Donors on Thursday pledged an additional US$5.6 million to enable the UN to start transferring more than 1 million barrels of crude oil from a rusting tanker off the coast of war-torn Yemen, which poses a major environmental threat, but the UN said nearly US$24 million is still needed to offload all the oil.
A large vessel called the Nautica, which was purchased by the UN Development Program (UNDP) in March to take on the oil from the FSO Safer, is expected to arrive in the region in the coming days and the transfer operation is expected to start before the end of the month, UN deputy spokesman Farhan Haq said.
The UNDP said Egypt, France, Italy, Luxembourg, Malta, Norway, South Korea, the UK and private company Octavia Energy and subsidiary Calvalley Petroleum announced pledges totaling almost US$8 million, of which US$5.6 million represents new funding.
Photo: AFP
With the new pledges, the UN has now raised US$105.2 million for the operation to remove the oil from the Safer, with an additional US$23.8 million still needed, UNDP said.
“We’re hopeful that as nations are aware of the need to avert a crisis in the Red Sea, they’ll come up with the funding we need,” Haq said.

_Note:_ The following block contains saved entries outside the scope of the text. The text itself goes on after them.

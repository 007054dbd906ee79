-- ===== src/Correct/Pass1.antt =====
-- Pass 1 of correct.c: the first two entries of each directory.
pub mod Listed
pub mod Kept
pub mod Moves
pub mod Buffer
pub mod Entries
pub mod Round
pub mod Loop
pub mod Blocks
pub mod Repaired
pub mod Strict
pub mod Corrected
pub mod Right
pub mod Frame
use my_fsck.Base.{
  ℕ, zero, suc, ◌+◌, List, [], ◌∷◌, Bool, none, some, bit_and, ltb, leb, ◌==◌, if◌then◌else◌,
}
use my_fsck.Machine.Memory.{Bytes}
use my_fsck.Machine.State.{Inode, DirEntry, dir_entry_error}
use my_fsck.Machine.Run.{M, out_of_fuel, pure, halt, gets, print, require, ◌>>=◌, ◌>>◌}
use my_fsck.Util.{write_number_into_block}
use my_fsck.Disk.{read_block, write_block}
use my_fsck.Inode.{read_inode}
use my_fsck.Dir.{read_dir_entry_in_block}

abbrev pub dir_type : ℕ
dir_type = 2

-- `INODE_IS_DIR`.
unfoldable pub inode_is_dir : Inode → Bool
inode_is_dir inode = bit_and inode.i_mode 0xF000 == 0x4000

-- `!INODE_IS_DIR(&inode)`. The macro has no outer parentheses, so `!` binds to its left operand.
unfoldable pub inode_is_not_dir : Inode → Bool
inode_is_not_dir inode = (if bit_and inode.i_mode 0xF000 == 0 then 1 else 0) == 0x4000

-- The block in memory is changed and written.
unfoldable pub pass1_corrector : Bytes → ℕ → ℕ → ℕ → M Bytes
pass1_corrector dir_block block_id offset_in_block inode_num = do
  block_size ← gets (λ s. s.block_size)
  require (leb (offset_in_block + 4) block_size)
  write_block block_id block_size (write_number_into_block dir_block offset_in_block inode_num 4)
  pure (write_number_into_block dir_block offset_in_block inode_num 4)

-- The entry is held to `wanted`.
unfoldable pub check_entry : Bytes → ℕ → ℕ → DirEntry → ℕ → M Bytes
check_entry dir_block block_id offset entry wanted =
    if entry.inode == wanted then pure dir_block else do
      print (dir_entry_error wanted entry.name entry.inode)
      pass1_corrector dir_block block_id offset wanted

-- What the loop does with one entry; `visit` is the recursive call of `pass1`.
unfoldable pub pass1_entry :
    (ℕ → ℕ → M (Unit {0}))
    → (parent inode_num block_id offset count : ℕ) → DirEntry
    → Bytes
    → M Bytes
pass1_entry visit parent inode_num block_id offset count entry dir_block =
    if entry.file_type == dir_type
    then (if count == 0
        then check_entry dir_block block_id offset entry inode_num
        else (if count == 1
            then check_entry dir_block block_id offset entry parent
            else (do visit inode_num entry.inode; pure dir_block)))
    else pure dir_block

-- The loop over the entries of a block.
unfoldable pub pass1_entries :
    (ℕ → ℕ → M (Unit {0}))
    → (rounds parent inode_num block_id offset count : ℕ) → Bytes
    → M (Unit {0})
pass1_entries visit zero parent inode_num block_id offset count dir_block = halt out_of_fuel
pass1_entries visit (suc rounds) parent inode_num block_id offset count dir_block = do
  block_size ← gets (λ s. s.block_size)
  if ltb offset block_size
      then (elim (read_dir_entry_in_block dir_block offset) [
        | none ↦ pure tt
        | some entry ↦ do
          dir_block' ← pass1_entry visit parent inode_num block_id offset count entry dir_block
          pass1_entries visit rounds parent inode_num block_id (offset + entry.rec_len) (count + 1)
              dir_block'
      ])
      else pure tt

-- The loop over the blocks. The count of entries begins anew in each.
unfoldable pub pass1_blocks :
    (ℕ → ℕ → M (Unit {0})) → (parent inode_num : ℕ) → List ℕ → M (Unit {0})
pass1_blocks visit parent inode_num [] = pure tt
pass1_blocks visit parent inode_num (block_id ∷ blocks) = if block_id == 0 then pure tt else do
  block_size ← gets (λ s. s.block_size)
  stray ← gets (λ s. s.stray)
  dir_block ← read_block block_id block_size stray
  pass1_entries visit (block_size + 1) parent inode_num block_id 0 0 dir_block
  pass1_blocks visit parent inode_num blocks

-- `depth` bounds the nesting of the calls.
unfoldable pub pass1 : (depth parent_inode_num inode_num : ℕ) → M (Unit {0})
pass1 zero parent_inode_num inode_num = halt out_of_fuel
pass1 (suc depth) parent_inode_num inode_num = do
  inode ← read_inode inode_num
  if inode_is_not_dir inode
      then pure tt
      else pass1_blocks (pass1 depth) parent_inode_num inode_num inode.i_block
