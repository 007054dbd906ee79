-- ===== src/Correct/Links.antt =====
-- `directory_traversor` of correct.c: the table of references to each inode.
pub mod References
pub mod Frame
use my_fsck.Base.{
  ℕ, zero, suc, ◌+◌, List, [], ◌∷◌, Bool, true, false, ◌&&◌, ◌||◌, not, none, some, u8, ltb, leb,
  ◌==◌, if◌then◌else◌,
}
use my_fsck.Machine.Memory.{Bytes, set_byte}
use my_fsck.Machine.State.{DirEntry}
use my_fsck.Machine.Run.{M, out_of_fuel, pure, halt, gets, require, ◌>>=◌, ◌>>◌}
use my_fsck.Disk.{read_block}
use my_fsck.Inode.{read_inode}
use my_fsck.Dir.{read_dir_entry_in_block}
use my_fsck.Correct.Pass1.{dir_type}

-- `calloc(n, 1)`.
abbrev pub calloc : Bytes → ℕ → Bytes
calloc stray n i = if ltb i n then 0 else stray i

-- `inode_links_count[i]++` on an array of `char`, kept as bit patterns.
unfoldable pub bump : Bytes → ℕ → Bytes
bump table i = set_byte table i (u8 (table i + 1))

-- What the loop does with one entry. `first` says that the block is the directory's first, and
-- `visit` is the recursive call.
unfoldable pub traverse_entry : (Bytes → ℕ → M Bytes) → Bool → ℕ → DirEntry → Bytes → M Bytes
traverse_entry visit first count entry table = do
  inodes ← gets (λ s. s.super_block.s_inodes_count)
  require (leb entry.inode inodes)
  if (not first || leb 2 count) && entry.file_type == dir_type
      then visit (bump table entry.inode) entry.inode
      else pure (bump table entry.inode)

unfoldable pub traverse_entries :
    (Bytes → ℕ → M Bytes) → (rounds : ℕ) → Bool → (offset count : ℕ) → Bytes → Bytes → M Bytes
traverse_entries visit zero first offset count dir_block table = halt out_of_fuel
traverse_entries visit (suc rounds) first offset count dir_block table = do
  block_size ← gets (λ s. s.block_size)
  if ltb offset block_size
      then (elim (read_dir_entry_in_block dir_block offset) [
        | none ↦ pure table
        | some entry ↦ do
          table' ← traverse_entry visit first count entry table
          traverse_entries visit rounds first (offset + entry.rec_len) (count + 1) dir_block table'
      ])
      else pure table

unfoldable pub traverse_blocks : (Bytes → ℕ → M Bytes) → Bool → List ℕ → Bytes → M Bytes
traverse_blocks visit first [] table = pure table
traverse_blocks visit first (block_id ∷ blocks) table = if block_id == 0 then pure table else do
  block_size ← gets (λ s. s.block_size)
  stray ← gets (λ s. s.stray)
  dir_block ← read_block block_id block_size stray
  table' ← traverse_entries visit (block_size + 1) first 0 0 dir_block table
  traverse_blocks visit false blocks table'

-- `depth` bounds the nesting of the calls.
unfoldable pub directory_traversor : ℕ → Bytes → ℕ → M Bytes
directory_traversor zero inode_links_count inode_num = halt out_of_fuel
directory_traversor (suc depth) inode_links_count inode_num = do
  inode ← read_inode inode_num
  traverse_blocks (directory_traversor depth) true inode.i_block inode_links_count
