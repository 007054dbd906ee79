-- ===== src/Correct/Links/Frame.antt =====
-- `directory_traversor` changes nothing before the partition.
use my_fsck.Base.{
  ℕ, zero, suc, ◌+◌, ◌==◌, ◌&&◌, ◌||◌, not, Bool, false, true, ltb, leb, List, [], ◌∷◌,
  Option-cases, Bool-cases, inl, inr,
}
use my_fsck.Machine.Memory.{Bytes}
use my_fsck.Machine.State.{DirEntry}
use my_fsck.Machine.Run.{M, out_of_fuel}
use my_fsck.Machine.Frame.{
  IsFramed, Frames-bind, bind-IsFramed, if-IsFramed, pure-IsFramed, halt-IsFramed, require-IsFramed,
}
use my_fsck.Disk.Frame.{read_block-IsFramed}
use my_fsck.Inode.Frame.{read_inode-IsFramed}
use my_fsck.Dir.{read_dir_entry_in_block}
use my_fsck.Correct.Pass1.{dir_type}
use my_fsck.Correct.Links.{
  bump, traverse_entry, traverse_entries, traverse_blocks, directory_traversor,
}

module _ (visit : Bytes → ℕ → M Bytes)
    (visit-IsFramed : (t : Bytes) (i : ℕ) → IsFramed (visit t i)) where
  traverse_entry-IsFramed :
      (first : Bool) (count : ℕ) (e : DirEntry) (t : Bytes)
      → IsFramed (traverse_entry visit first count e t)
  unfolding traverse_entry
  traverse_entry-IsFramed first count e t s =
      Frames-bind _ (require-IsFramed (leb e.inode s.super_block.s_inodes_count) s) (λ _.
        if-IsFramed ((not first || leb 2 count) && e.file_type == dir_type)
          (visit-IsFramed (bump t e.inode) e.inode) (pure-IsFramed (bump t e.inode)))

  traverse_entries-IsFramed :
      (rounds : ℕ) (first : Bool) (offset count : ℕ) (m t : Bytes)
      → IsFramed (traverse_entries visit rounds first offset count m t)
  unfolding traverse_entries
  traverse_entries-IsFramed zero first offset count m t s = halt-IsFramed out_of_fuel s
  traverse_entries-IsFramed (suc rounds) first offset count m t s =
      elim (Bool-cases (ltb offset s.block_size)) [
        | inr past ↦ rw past (pure-IsFramed t s)
        | inl inside ↦ rw inside (elim (Option-cases (read_dir_entry_in_block m offset)) [
          | inl free ↦ rw free (pure-IsFramed t s)
          | inr (e, used) ↦ rw used (
              Frames-bind _ (traverse_entry-IsFramed first count e t s) (λ t'.
                traverse_entries-IsFramed rounds first (offset + e.rec_len) (count + 1) m t'))
        ])
      ]

  traverse_blocks-IsFramed :
      (first : Bool) (blocks : List ℕ) (t : Bytes) → IsFramed (traverse_blocks visit first blocks t)
  unfolding traverse_blocks
  traverse_blocks-IsFramed first [] t = pure-IsFramed t
  traverse_blocks-IsFramed first (b ∷ blocks) t = if-IsFramed (b == 0) (pure-IsFramed t) (λ s.
      Frames-bind _ (read_block-IsFramed b s.block_size s.stray s) (λ m.
        bind-IsFramed (traverse_entries-IsFramed (s.block_size + 1) first 0 0 m t)
          (λ t'. traverse_blocks-IsFramed false blocks t')))

pub directory_traversor-IsFramed :
    (depth : ℕ) (t : Bytes) (i : ℕ) → IsFramed (directory_traversor depth t i)
unfolding directory_traversor
directory_traversor-IsFramed zero t i = halt-IsFramed out_of_fuel
directory_traversor-IsFramed (suc depth) t i = bind-IsFramed (read_inode-IsFramed i) (λ inode.
    traverse_blocks-IsFramed (directory_traversor depth) (directory_traversor-IsFramed depth) true
      inode.i_block t)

For the second phase of the operation, UNDP said an additional US$19 million would be needed to secure the Nautica and its newly transferred cargo of oil and to tow the Safer tanker to a salvage yard for recycling.
The Japanese-made Safer was built in the 1970s and sold to the Yemeni government in the 1980s to store up to 3 million barrels of oil pumped from fields in the eastern province of Marib.

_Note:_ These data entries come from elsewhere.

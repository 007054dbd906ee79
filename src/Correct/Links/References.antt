-- ===== src/Correct/Links/References.antt =====
-- `directory_traversor` against a traversal that lists the references that it meets.
use my_fsck.Base.{
  ℕ, zero, suc, ◌+◌, ◌%◌, ◌≤◌, ◌≡◌, arith, List, [], ◌∷◌, ◌++◌, count, Bool, true, false, not, ◌&&◌,
  ◌||◌, none, some, ltb, leb, ◌==◌, if◌then◌else◌, Bool-cases, Option-cases, inl, inr,
}
use my_fsck.Machine.Memory.{Bytes, set_byte}
use my_fsck.Machine.State.{Fsck, DirEntry}
use my_fsck.Machine.Run.{
  M, Run, Stop, Keeps, kept, ended, ok, stop, out_of_fuel, pure, halt, gets, require, and_then,
  ◌>>=◌, ◌>>◌,
}
use my_fsck.Disk.{read_block}
use my_fsck.Disk.Reads.{read_block-Keeps}
use my_fsck.Inode.Keeps.{read_inode-Keeps}
use my_fsck.Inode.{read_inode}
use my_fsck.Dir.{read_dir_entry_in_block}
use my_fsck.Correct.Pass1.{dir_type}
use my_fsck.Correct.Links.{
  calloc, bump, traverse_entry, traverse_entries, traverse_blocks, directory_traversor,
}

-- The same walk, with the inode numbers of the entries in a list, in the order in which they are
-- met.
unfoldable pub list_entry : (List ℕ → ℕ → M (List ℕ)) → Bool → ℕ → DirEntry → List ℕ → M (List ℕ)
list_entry visit first index entry refs = do
  inodes ← gets (λ s. s.super_block.s_inodes_count)
  require (leb entry.inode inodes)
  if (not first || leb 2 index) && entry.file_type == dir_type
      then visit (refs ++ (entry.inode ∷ [])) entry.inode
      else pure (refs ++ (entry.inode ∷ []))

unfoldable pub list_entries :
    (List ℕ → ℕ → M (List ℕ))
    → (rounds : ℕ) → Bool
    → (offset index : ℕ) → Bytes
    → List ℕ
    → M (List ℕ)
list_entries visit zero first offset index dir_block refs = halt out_of_fuel
list_entries visit (suc rounds) first offset index dir_block refs = do
  block_size ← gets (λ s. s.block_size)
  if ltb offset block_size
      then (elim (read_dir_entry_in_block dir_block offset) [
        | none ↦ pure refs
        | some entry ↦ do
          refs' ← list_entry visit first index entry refs
          list_entries visit rounds first (offset + entry.rec_len) (index + 1) dir_block refs'
      ])
      else pure refs

unfoldable pub list_blocks : (List ℕ → ℕ → M (List ℕ)) → Bool → List ℕ → List ℕ → M (List ℕ)
list_blocks visit first [] refs = pure refs
list_blocks visit first (block_id ∷ blocks) refs = if block_id == 0 then pure refs else do
  block_size ← gets (λ s. s.block_size)
  stray ← gets (λ s. s.stray)
  dir_block ← read_block block_id block_size stray
  refs' ← list_entries visit (block_size + 1) first 0 0 dir_block refs
  list_blocks visit false blocks refs'

unfoldable pub references : ℕ → List ℕ → ℕ → M (List ℕ)
references zero refs inode_num = halt out_of_fuel
references (suc depth) refs inode_num = do
  inode ← read_inode inode_num
  list_blocks (references depth) true inode.i_block refs

-- The table holds the number of references to each inode up to `n`, modulo 256.
abbrev pub Counts : ℕ → List ℕ → Bytes → Type 0
Counts n refs table = (x : ℕ) → x ≤ n → table x ≡ count x refs % 256

-- Both runs end in the same way and change nothing, and a table counts its list.
pub data Agree (s : Fsck) : Run (List ℕ) → Run Bytes → Type 0 where
  both :
      {refs : List ℕ} {table : Bytes}
      → Counts s.super_block.s_inodes_count refs table
      → Agree s (ok refs s) (ok table s)
  neither : {e : Stop} → Agree s (stop e s) (stop e s)

-- Two visits of a directory that agree.
abbrev Visits : Fsck → (List ℕ → ℕ → M (List ℕ)) → (Bytes → ℕ → M Bytes) → Type 0
Visits s f g =
    (refs : List ℕ) (table : Bytes) (i : ℕ)
    → Counts s.super_block.s_inodes_count refs table
    → Agree s (f refs i s) (g table i s)

module _ {s : Fsck} (k : List ℕ → M (List ℕ)) (k' : Bytes → M Bytes) where
  Agree-bind :
      {r : Run (List ℕ)} {r' : Run Bytes}
      → Agree s r r'
      → ((refs : List ℕ) (table : Bytes)
          → Counts s.super_block.s_inodes_count refs table
          → Agree s (k refs s) (k' table s))
      → Agree s (and_then r k) (and_then r' k')
  Agree-bind (both c) next = next _ _ c
  Agree-bind neither next = neither

-- A step that both make and that changes nothing.
Agree-shared :
    {A : Type 0} {s : Fsck} {r : Run A} (k : A → M (List ℕ)) (k' : A → M Bytes)
    → Keeps s r
    → ((a : A) → Agree s (k a s) (k' a s))
    → Agree s (and_then r k) (and_then r k')
Agree-shared k k' kept next = next _
Agree-shared k k' ended next = neither

count-append : (x : ℕ) (xs ys : List ℕ) → count x (xs ++ ys) ≡ count x xs + count x ys
count-append x [] ys = omega arith
count-append x (y ∷ xs) ys = omega (arith, count-append x xs ys)

Counts-bump :
    (n : ℕ) (refs : List ℕ) (table : Bytes) (i : ℕ)
    → Counts n refs table
    → Counts n (refs ++ (i ∷ [])) (bump table i)
unfolding bump set_byte
Counts-bump n refs table i h x le = ground (arith, h x le, count-append x refs (i ∷ []))

module _ (s : Fsck) (f : List ℕ → ℕ → M (List ℕ)) (g : Bytes → ℕ → M Bytes)
    (visits : Visits s f g) where
  abbrev n : ℕ
  n = s.super_block.s_inodes_count

  traverse_entry-Agree :
      (first : Bool) (index : ℕ) (entry : DirEntry) (refs : List ℕ) (table : Bytes)
      → Counts n refs table
      → Agree s (list_entry f first index entry refs s) (traverse_entry g first index entry table s)
  unfolding list_entry traverse_entry
  traverse_entry-Agree first index entry refs table c = elim (Bool-cases (leb entry.inode n)) [
    | inr out ↦ rw out neither
    | inl fits ↦
        rw fits (elim (Bool-cases ((not first || leb 2 index) && entry.file_type == dir_type)) [
          | inl deeper ↦ rw deeper (visits _ _ entry.inode (Counts-bump n refs table entry.inode c))
          | inr flat ↦ rw flat (both (Counts-bump n refs table entry.inode c))
        ])
  ]

  traverse_entries-Agree :
      (rounds : ℕ) (first : Bool) (offset index : ℕ) (block : Bytes) (refs : List ℕ) (table : Bytes)
      → Counts n refs table
      → Agree s
          (list_entries f rounds first offset index block refs s)
          (traverse_entries g rounds first offset index block table s)
  unfolding list_entries traverse_entries
  traverse_entries-Agree zero first offset index block refs table c = neither
  traverse_entries-Agree (suc rounds) first offset index block refs table c =
      elim (Bool-cases (ltb offset s.block_size)) [
        | inr past ↦ rw past (both c)
        | inl inside ↦ rw inside (elim (Option-cases (read_dir_entry_in_block block offset)) [
          | inl free ↦ rw free (both c)
          | inr (entry, used) ↦ rw used (
              Agree-bind _ _ (traverse_entry-Agree first index entry refs table c)
                (λ refs' table' c'.
                  traverse_entries-Agree rounds first (offset + entry.rec_len) (index + 1) block
                    refs' table' c'))
        ])
      ]

  traverse_blocks-Agree :
      (blocks : List ℕ) (first : Bool) (refs : List ℕ) (table : Bytes)
      → Counts n refs table
      → Agree s (list_blocks f first blocks refs s) (traverse_blocks g first blocks table s)
  unfolding list_blocks traverse_blocks
  traverse_blocks-Agree [] first refs table c = both c
  traverse_blocks-Agree (b ∷ blocks) first refs table c = elim (Bool-cases (b == 0)) [
    | inl end ↦ rw end (both c)
    | inr used ↦ rw used (
        Agree-shared _ _ (read_block-Keeps b s.block_size s.stray s) (λ block.
          Agree-bind _ _ (traverse_entries-Agree (s.block_size + 1) first 0 0 block refs table c)
            (λ refs' table' c'. traverse_blocks-Agree blocks false refs' table' c')))
  ]

directory_traversor-Agree :
    (s : Fsck) (depth : ℕ) → Visits s (references depth) (directory_traversor depth)
unfolding references directory_traversor
directory_traversor-Agree s zero refs table i c = neither
directory_traversor-Agree s (suc depth) refs table i c =
    Agree-shared _ _ (read_inode-Keeps i s) (λ inode.
      traverse_blocks-Agree s (references depth) (directory_traversor depth)
        (directory_traversor-Agree s depth) inode.i_block true refs table c)

-- From an empty table `directory_traversor` ends as the traversal that lists the references does,
-- with the same stop if it stops, changes nothing in the state, and if it returns, its table holds
-- for every inode number up to `s_inodes_count` the number of listed references to it, modulo 256.
pub directory_traversor-references :
    (s : Fsck) (depth inode_num : ℕ)
    → Agree s
        (references depth [] inode_num s)
        (directory_traversor depth (calloc s.stray (s.super_block.s_inodes_count + 1)) inode_num s)
directory_traversor-references s depth inode_num =
    directory_traversor-Agree s depth [] _ inode_num (λ x le. ground arith)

The impoverished Arab Peninsula country has for years been engulfed in civil war.
No annual maintenance on the ship has been done since 2015, which is 360m long with 34 storage tanks.
Most crew members, except for 10 people, were pulled off the vessel after the Saudis entered the conflict, and it is uncertain what the crew of the Nautica will find when they get to the tanker.
In 2020, internal documents obtained by The Associated Press showed that seawater has entered Safer’s engine compartment, causing damage to pipes and increasing the risk of sinking. Rust has covered parts of the tanker and the inert gas that prevents the tanks from gathering inflammable gases has leaked out.
Experts earlier said that maintenance was no longer possible because the damage to the ship is irreversible.